Stored data:
***

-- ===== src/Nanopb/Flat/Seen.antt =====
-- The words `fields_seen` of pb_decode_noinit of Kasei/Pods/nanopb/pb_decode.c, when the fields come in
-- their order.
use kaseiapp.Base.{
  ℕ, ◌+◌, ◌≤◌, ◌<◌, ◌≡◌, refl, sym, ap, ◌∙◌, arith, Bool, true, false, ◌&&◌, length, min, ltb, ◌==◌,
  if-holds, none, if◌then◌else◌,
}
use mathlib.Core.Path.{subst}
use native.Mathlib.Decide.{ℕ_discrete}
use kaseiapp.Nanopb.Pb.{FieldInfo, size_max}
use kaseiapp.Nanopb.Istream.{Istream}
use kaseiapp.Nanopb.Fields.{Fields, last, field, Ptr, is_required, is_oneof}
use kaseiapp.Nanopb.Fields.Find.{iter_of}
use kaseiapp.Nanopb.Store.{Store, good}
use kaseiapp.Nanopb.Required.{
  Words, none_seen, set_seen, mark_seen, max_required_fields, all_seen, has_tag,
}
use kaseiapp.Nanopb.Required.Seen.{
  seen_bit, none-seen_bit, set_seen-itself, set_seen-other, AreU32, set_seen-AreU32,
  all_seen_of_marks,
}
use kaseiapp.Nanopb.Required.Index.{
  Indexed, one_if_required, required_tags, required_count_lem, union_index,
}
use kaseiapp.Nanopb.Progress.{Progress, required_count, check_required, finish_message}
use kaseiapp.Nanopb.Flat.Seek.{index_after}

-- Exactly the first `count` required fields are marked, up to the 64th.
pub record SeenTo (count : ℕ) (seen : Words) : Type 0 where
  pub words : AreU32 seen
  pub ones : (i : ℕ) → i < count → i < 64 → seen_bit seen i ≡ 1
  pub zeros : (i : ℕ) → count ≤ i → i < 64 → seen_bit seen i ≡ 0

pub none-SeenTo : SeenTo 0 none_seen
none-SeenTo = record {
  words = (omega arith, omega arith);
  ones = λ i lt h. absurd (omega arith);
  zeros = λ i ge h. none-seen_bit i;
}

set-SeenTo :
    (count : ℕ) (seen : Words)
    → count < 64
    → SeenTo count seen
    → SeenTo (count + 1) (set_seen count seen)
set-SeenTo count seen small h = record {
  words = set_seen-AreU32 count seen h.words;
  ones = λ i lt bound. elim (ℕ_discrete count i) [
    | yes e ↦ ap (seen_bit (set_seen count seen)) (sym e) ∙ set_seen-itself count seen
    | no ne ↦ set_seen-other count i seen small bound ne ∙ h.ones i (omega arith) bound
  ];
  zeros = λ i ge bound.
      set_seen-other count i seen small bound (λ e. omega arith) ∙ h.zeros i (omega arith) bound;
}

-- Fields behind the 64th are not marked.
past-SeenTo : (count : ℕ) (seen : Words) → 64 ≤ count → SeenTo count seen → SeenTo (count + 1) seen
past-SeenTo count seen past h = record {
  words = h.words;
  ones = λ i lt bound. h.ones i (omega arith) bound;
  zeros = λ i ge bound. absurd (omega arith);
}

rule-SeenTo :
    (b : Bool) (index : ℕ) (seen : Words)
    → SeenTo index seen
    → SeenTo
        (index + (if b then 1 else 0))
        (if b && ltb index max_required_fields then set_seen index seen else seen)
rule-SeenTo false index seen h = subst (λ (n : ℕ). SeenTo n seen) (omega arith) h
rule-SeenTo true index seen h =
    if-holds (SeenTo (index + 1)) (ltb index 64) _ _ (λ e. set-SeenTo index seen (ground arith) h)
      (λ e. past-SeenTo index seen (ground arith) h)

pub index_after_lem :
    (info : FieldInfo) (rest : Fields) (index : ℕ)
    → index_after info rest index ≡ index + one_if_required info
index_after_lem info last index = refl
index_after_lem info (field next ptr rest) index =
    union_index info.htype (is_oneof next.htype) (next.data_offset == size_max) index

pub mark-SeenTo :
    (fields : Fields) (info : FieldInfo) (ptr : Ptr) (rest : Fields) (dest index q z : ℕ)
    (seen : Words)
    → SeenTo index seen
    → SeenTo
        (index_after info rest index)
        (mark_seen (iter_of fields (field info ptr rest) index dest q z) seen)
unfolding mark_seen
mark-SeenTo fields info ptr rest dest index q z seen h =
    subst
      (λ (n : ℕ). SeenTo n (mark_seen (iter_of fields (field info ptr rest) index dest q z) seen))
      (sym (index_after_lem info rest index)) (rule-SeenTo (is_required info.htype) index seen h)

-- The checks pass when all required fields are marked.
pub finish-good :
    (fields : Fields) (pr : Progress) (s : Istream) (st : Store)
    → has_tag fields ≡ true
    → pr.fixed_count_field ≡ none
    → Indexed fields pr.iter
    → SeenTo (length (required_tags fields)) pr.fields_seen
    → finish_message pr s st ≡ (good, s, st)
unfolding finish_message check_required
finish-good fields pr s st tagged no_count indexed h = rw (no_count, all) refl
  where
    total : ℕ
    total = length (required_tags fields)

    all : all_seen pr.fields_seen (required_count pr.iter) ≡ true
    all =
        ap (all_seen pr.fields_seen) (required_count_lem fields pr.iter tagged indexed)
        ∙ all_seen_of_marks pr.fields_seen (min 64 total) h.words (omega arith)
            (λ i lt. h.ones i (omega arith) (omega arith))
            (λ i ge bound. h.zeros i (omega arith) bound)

***

▸ WORK INSTRUCTIONS: Reprint exactly the lines above that start at the one with "mark-SeenTo fields info" and end at the one with "(good, s, st)", keeping both and adding none.

▸ ANSWER SPACE:
mark-SeenTo fields info ptr rest dest index q z seen h =
    subst
      (λ (n : ℕ). SeenTo n (mark_seen (iter_of fields (field info ptr rest) index dest q z) seen))
      (sym (index_after_lem info rest index)) (rule-SeenTo (is_required info.htype) index seen h)

-- The checks pass when all required fields are marked.
pub finish-good :
    (fields : Fields) (pr : Progress) (s : Istream) (st : Store)
    → has_tag fields ≡ true
    → pr.fixed_count_field ≡ none
    → Indexed fields pr.iter
    → SeenTo (length (required_tags fields)) pr.fields_seen
    → finish_message pr s st ≡ (good, s, st)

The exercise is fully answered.